The OCR text file should remain in the objects directory of the AIP.

RightsMD[edit]

Each object also has an amdSec containing rightsMD data (populated automatically according to DSpace configuration settings):

Rights.png

This metadata can be added to the PREMIS rights entity in the rightsExtension field. See See PREMIS metadata: rights#From_DSpace_METS.

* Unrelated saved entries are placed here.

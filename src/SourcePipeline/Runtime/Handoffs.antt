-- ===== src/SourcePipeline/Runtime/Handoffs.antt =====
-- The calls of the ingestion service, against the flags of the candidates.
use mathlib.Core.Option
use hll.Prelude.{
  ℕ, suc, ◌+◌, ◌≤◌, ◌≡◌, refl, sym, subst, true, false, Option, none, some, List, [], ◌∷◌, ◌++◌,
  arith, ◌==◌, if◌then◌else◌,
}
use hll.Exec.{Result, ok, err, ◌>>=◌}
use hll.Exec.Post.{Ok}
use hll.SourcePipeline.Runtime.Tick.Commit.{tick-Durable}
use hll.Exec.Steps.{IsPreorder}
use hll.SourcePipeline.Model.{
  Exception, CardCandidate, Call, create_jobs, get_result, handoff, Services, State, candidate_at,
  get_row,
}
use hll.SourcePipeline.Model.Rows.{get_row-update_row, get_row-append, key-get_row}
use hll.SourcePipeline.Webhook.Marking.{
  mark_processed_committed, mark_failed_committed, mark_processed_keeps, mark_failed_keeps,
}
use hll.SourcePipeline.Runtime.Jobs.{write_unit, write_candidate, ask_result}
use hll.SourcePipeline.Runtime.Jobs.Closed.{Closed}
use hll.SourcePipeline.Runtime.Jobs.Submitting.{
  noting, submit_review_then, submit_repair_then, handoff_then, create_alone,
}
use hll.SourcePipeline.Runtime.Tick.{Settings, tick}
use hll.SourcePipeline.Runtime.Tick.Closure.{tick_step}

-- How often the ingestion service accepted a candidate.
abbrev pub handoffs : ℕ → List Call → ℕ
handoffs id [] = 0
handoffs id (handoff j draft true ∷ calls) =
    if j == id then suc (handoffs id calls) else handoffs id calls
handoffs id (handoff j draft false ∷ calls) = handoffs id calls
handoffs id (create_jobs items ∷ calls) = handoffs id calls
handoffs id (get_result job_id ∷ calls) = handoffs id calls

abbrev pub flag_of : Option CardCandidate → ℕ
flag_of none = 0
flag_of (some c) = if c.ingestion_handoff_done then 1 else 0

abbrev pub key : CardCandidate → ℕ
key c = c.id

module _ {Payload : Type 0} where
  -- Each candidate that is marked as done was accepted, in the session and in what is committed.
  pub record Marked (s : State Payload) : Type 0 where
    pub session : (id : ℕ) → flag_of (candidate_at id s) ≤ handoffs id s.calls
    pub committed : (id : ℕ) → flag_of (get_row key id s.committed.candidates) ≤ handoffs id s.calls

  -- As often as a candidate was accepted in between, its flag rose in the session.
  record Books (s t : State Payload) : Type 0 where
    pub at :
        (id : ℕ)
        → handoffs id t.calls + flag_of (candidate_at id s)
          ≡ handoffs id s.calls + flag_of (candidate_at id t)
    pub grows : (id : ℕ) → handoffs id s.calls ≤ handoffs id t.calls
    pub committed :
        (id : ℕ)
        → flag_of (candidate_at id s) ≤ handoffs id s.calls
        → flag_of (get_row key id s.committed.candidates) ≤ handoffs id s.calls
        → flag_of (get_row key id t.committed.candidates) ≤ handoffs id t.calls

  Books-trans : (s t u : State Payload) → Books s t → Books t u → Books s u
  Books-trans s t u p q = record {
    at = λ id. omega (arith, p.at id, q.at id);
    grows = λ id. omega (arith, p.grows id, q.grows id);
    committed =
        λ id h k. q.committed id (omega (arith, p.at id, p.grows id, h)) (p.committed id h k);
  }

  Books-order : IsPreorder Books
  Books-order = record {
    reflexive = λ s. record { at = λ id. refl; grows = λ id. omega arith; committed = λ id h k. k };
    transitive = Books-trans;
  }

  quiet :
      (s t : State Payload)
      → t.candidates ≡ s.candidates
      → t.committed ≡ s.committed
      → t.calls ≡ s.calls
      → Books s t
  quiet s t same_rows same_committed same_calls = record {
    at = λ id. rw (same_rows, same_calls) refl;
    grows = λ id. rw same_calls (omega arith);
    committed = λ id h k. rw (same_committed, same_calls) k;
  }

  unrelated_call :
      (s : State Payload) (call : Call)
      → ((id : ℕ) → handoffs id (call ∷ s.calls) ≡ handoffs id s.calls)
      → Books s (noting call s)
  unrelated_call s call same = record {
    at = λ id. rw (same id) refl;
    grows = λ id. rw (same id) (omega arith);
    committed = λ id h k. rw (same id) k;
  }

  flag_write :
      (s : State Payload) (id : ℕ) (f : CardCandidate → CardCandidate)
      → ((r : CardCandidate) → (f r).id ≡ r.id)
      → ((r : CardCandidate) → (f r).ingestion_handoff_done ≡ r.ingestion_handoff_done)
      → (j : ℕ) → flag_of (candidate_at j (write_candidate id f s).1) ≡ flag_of (candidate_at j s)
  unfolding write_candidate
  flag_write s id f same_id same_flag j =
      rw (get_row-update_row key id j f s.candidates same_id) (flags (candidate_at j s))
    where
      flags :
          (o : Option CardCandidate) → flag_of (if id == j then Option.map f o else o) ≡ flag_of o
      flags none = ground arith
      flags (some c) = ground (arith, same_flag c)

  harmless_write :
      (s t : State Payload) (id : ℕ) (f : CardCandidate → CardCandidate)
      → Books s t
      → ((r : CardCandidate) → (f r).id ≡ r.id)
      → ((r : CardCandidate) → (f r).ingestion_handoff_done ≡ r.ingestion_handoff_done)
      → Books s (write_candidate id f t).1
  harmless_write s t id f before same_id same_flag =
      Books-trans s t (write_candidate id f t).1 before (record {
        at = λ j. rw (flag_write t id f same_id same_flag j) (unfold write_candidate in refl);
        grows = λ j. unfold write_candidate in omega arith;
        committed = λ j h k. unfold write_candidate in k;
      })

  booked :
      (s : State Payload) (id : ℕ) (c : CardCandidate)
      → candidate_at id s ≡ some c
      → c.ingestion_handoff_done ≡ false
      → Books s
          (write_candidate id
            (λ r. record r { ingestion_handoff_done = true })
            (noting (handoff c.id c.card_payload true) s)).1
  unfolding write_candidate
  booked s id c found still_open = record {
    at = λ j.
        rw
          (get_row-update_row key id j (λ r. record r { ingestion_handoff_done = true })
            s.candidates (λ r. refl))
          (ground (arith, key-get_row key id s.candidates c found, found));
    grows = λ j. ground arith;
    committed = λ j h k. ground (arith, k);
  }

  inserted :
      (s : State Payload) (c : CardCandidate) (id : ℕ)
      → c.ingestion_handoff_done ≡ false
      → flag_of (get_row key id (s.candidates ++ c ∷ [])) ≡ flag_of (candidate_at id s)
  inserted s c id still_open = rw (get_row-append key id s.candidates c) (ground arith)

  committed_flags :
      (s t : State Payload)
      → s.committed ≡ s.tables
      → t.committed ≡ t.tables
      → Books s t
      → (id : ℕ)
      → handoffs id t.calls + flag_of (get_row key id s.committed.candidates)
        ≡ handoffs id s.calls + flag_of (get_row key id t.committed.candidates)
  committed_flags s t before after books id =
      subst
        (λ x.
          handoffs id t.calls + flag_of (get_row key id x.candidates)
          ≡ handoffs id s.calls + flag_of (get_row key id t.committed.candidates))
        (sym before)
        (subst
          (λ x.
            handoffs id t.calls + flag_of (candidate_at id s)
            ≡ handoffs id s.calls + flag_of (get_row key id x.candidates))
          (sym after) (books.at id))

  -- The handoffs of a run against the flags before and after it.
  pub record HandsOnce {A : Type 0} (s : State Payload) (r : Result Exception A × State Payload)
      : Type 0 where
    pub session :
        (id : ℕ)
        → handoffs id r.1.calls + flag_of (candidate_at id s)
          ≡ handoffs id s.calls + flag_of (candidate_at id r.1)
    pub returned :
        Ok
          (λ _.
            (id : ℕ)
            → handoffs id r.1.calls + flag_of (get_row key id s.committed.candidates)
              ≡ handoffs id s.calls + flag_of (get_row key id r.1.committed.candidates))
          r.0
    pub marked : Marked r.1

  module _ (svc : Services Payload) where
    Books-closed : Closed svc Books
    unfolding write_unit ask_result ◌>>=◌
    Books-closed = record {
      order = Books-order;
      write_unit_step = λ id f. record { at = λ s. quiet s _ refl refl refl };
      create_step = λ item. record {
        at = λ s. create_alone svc Books item s (unrelated_call s _ (λ id. refl));
      };
      ask_step = λ job_id. record { at = λ s. unrelated_call s (get_result job_id) (λ id. refl) };
      handoff_step = λ id. record {
        at = λ s.
            handoff_then svc Books id s (quiet s s refl refl refl)
              (λ c _ _. unrelated_call s _ (λ id. refl))
              (λ c found still_open. booked s id c found still_open);
      };
      review_step = λ id s c found empty.
          submit_review_then svc Books id s c found (λ call. unrelated_call s _ (λ id. refl))
            (λ call j.
              harmless_write s _ id _ (unrelated_call s (create_jobs call) (λ id. refl)) (λ r. refl)
                (λ r. refl));
      repair_step = λ id review s c found empty.
          submit_repair_then svc Books id review s c found (λ call. unrelated_call s _ (λ id. refl))
            (λ call j.
              harmless_write s _ id _ (unrelated_call s (create_jobs call) (λ id. refl)) (λ r. refl)
                (λ r. refl));
      review_terminal_step = λ id state. record {
        at = λ s. harmless_write s s id _ (quiet s s refl refl refl) (λ r. refl) (λ r. refl);
      };
      repair_terminal_step = λ id state. record {
        at = λ s. harmless_write s s id _ (quiet s s refl refl refl) (λ r. refl) (λ r. refl);
      };
      mark_processed_step = λ event_id now. record {
        at = λ s.
            let k = mark_processed_keeps event_id now s in
            quiet s _ k.0 (mark_processed_committed event_id now s) k.1;
      };
      mark_failed_step = λ event_id e now. record {
        at = λ s.
            let k = mark_failed_keeps event_id now s e in
            quiet s _ k.0 (mark_failed_committed event_id now s e) k.1;
      };
      insert_step = λ s c still_open. record {
        at = λ id. rw (inserted s c id still_open) refl;
        grows = λ id. omega arith;
        committed = λ id h k. k;
      };
      commit_step =
          λ s. record { at = λ id. refl; grows = λ id. omega arith; committed = λ id h k. h };
      clock_step = λ s now. quiet s _ refl refl refl;
    }

    committed_too :
        (settings : Settings) (now : ℕ) (s : State Payload) (result : Result Exception Unit)
        → (tick svc settings now s).0 ≡ result
        → Books s (tick svc settings now s).1
        → s.committed ≡ s.tables
        → Ok
            (λ _.
              (id : ℕ)
              → handoffs id (tick svc settings now s).1.calls
                  + flag_of (get_row key id s.committed.candidates)
                ≡ handoffs id s.calls
                  + flag_of (get_row key id (tick svc settings now s).1.committed.candidates))
            result
    committed_too settings now s (err e) is books clean = tt
    committed_too settings now s (ok u) is books clean =
        committed_flags s (tick svc settings now s).1 clean
          (tick-Durable svc settings now s clean is) books

    -- A tick that starts with nothing uncommitted, where each flag that is set stands for a handoff: whether
    -- it returns or raises, the ingestion service answers that it accepted a candidate as often as its flag
    -- rises in the session: at most once, and never where it was set. If it returns, that holds of the
    -- committed flags too. After it, each flag that is set, in the session or in what is committed, stands
    -- for a handoff, also where the tick raised and the flags of its last handoffs are lost with the session.
    pub tick-HandsOnce :
        (settings : Settings) (now : ℕ) (s : State Payload)
        → s.committed ≡ s.tables
        → Marked s
        → HandsOnce s (tick svc settings now s)
    tick-HandsOnce settings now s clean m =
        let books = (tick_step Books-closed settings now).at s in
        record {
          session = books.at;
          returned = committed_too settings now s (tick svc settings now s).0 refl books clean;
          marked = record {
            session = λ id. omega (arith, books.at id, books.grows id, m.session id);
            committed = λ id. books.committed id (m.session id) (m.committed id);
          };
        }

Descriptive metadata[edit]

  • Each object has two dmdSecs: MODS and DSpace Intermediate Metadata (DIM).
    • The DIM metadata is not intended for use outside of DSpace: according to the DSpace website, "[DIM] is used by XsltCrosswalk. It is called the Intermediate format because it is intended solely as an intermediate stage in XML-translation-based crosswalks. To reiterate, This is an INTERMEDIATE format, it is NOT for exporting or harvesting metadata!" However, in uncustomized DSpace all the metadata in the DIM fields are mapped to DC, so there may be no harm in referencing the DIM metadata in the Archivematica METS file.
  • We should add dmdSecs to the Archivematica METS file to link each object to its descriptive metadata in the DSpace METS files (i.e. using mdRef).

Checksums[edit]

Each object and license has an MD5 checksum recorded in the fileSec.

FileSec.png

Archivematica should verify these checksums after transfer.

Collection-level mets files[edit]

The collection-level mets file contains MODS and DIM metadata for the collection; the descriptive metadata should be linked to the Archivematica mets file in the dmdSec using mdRef.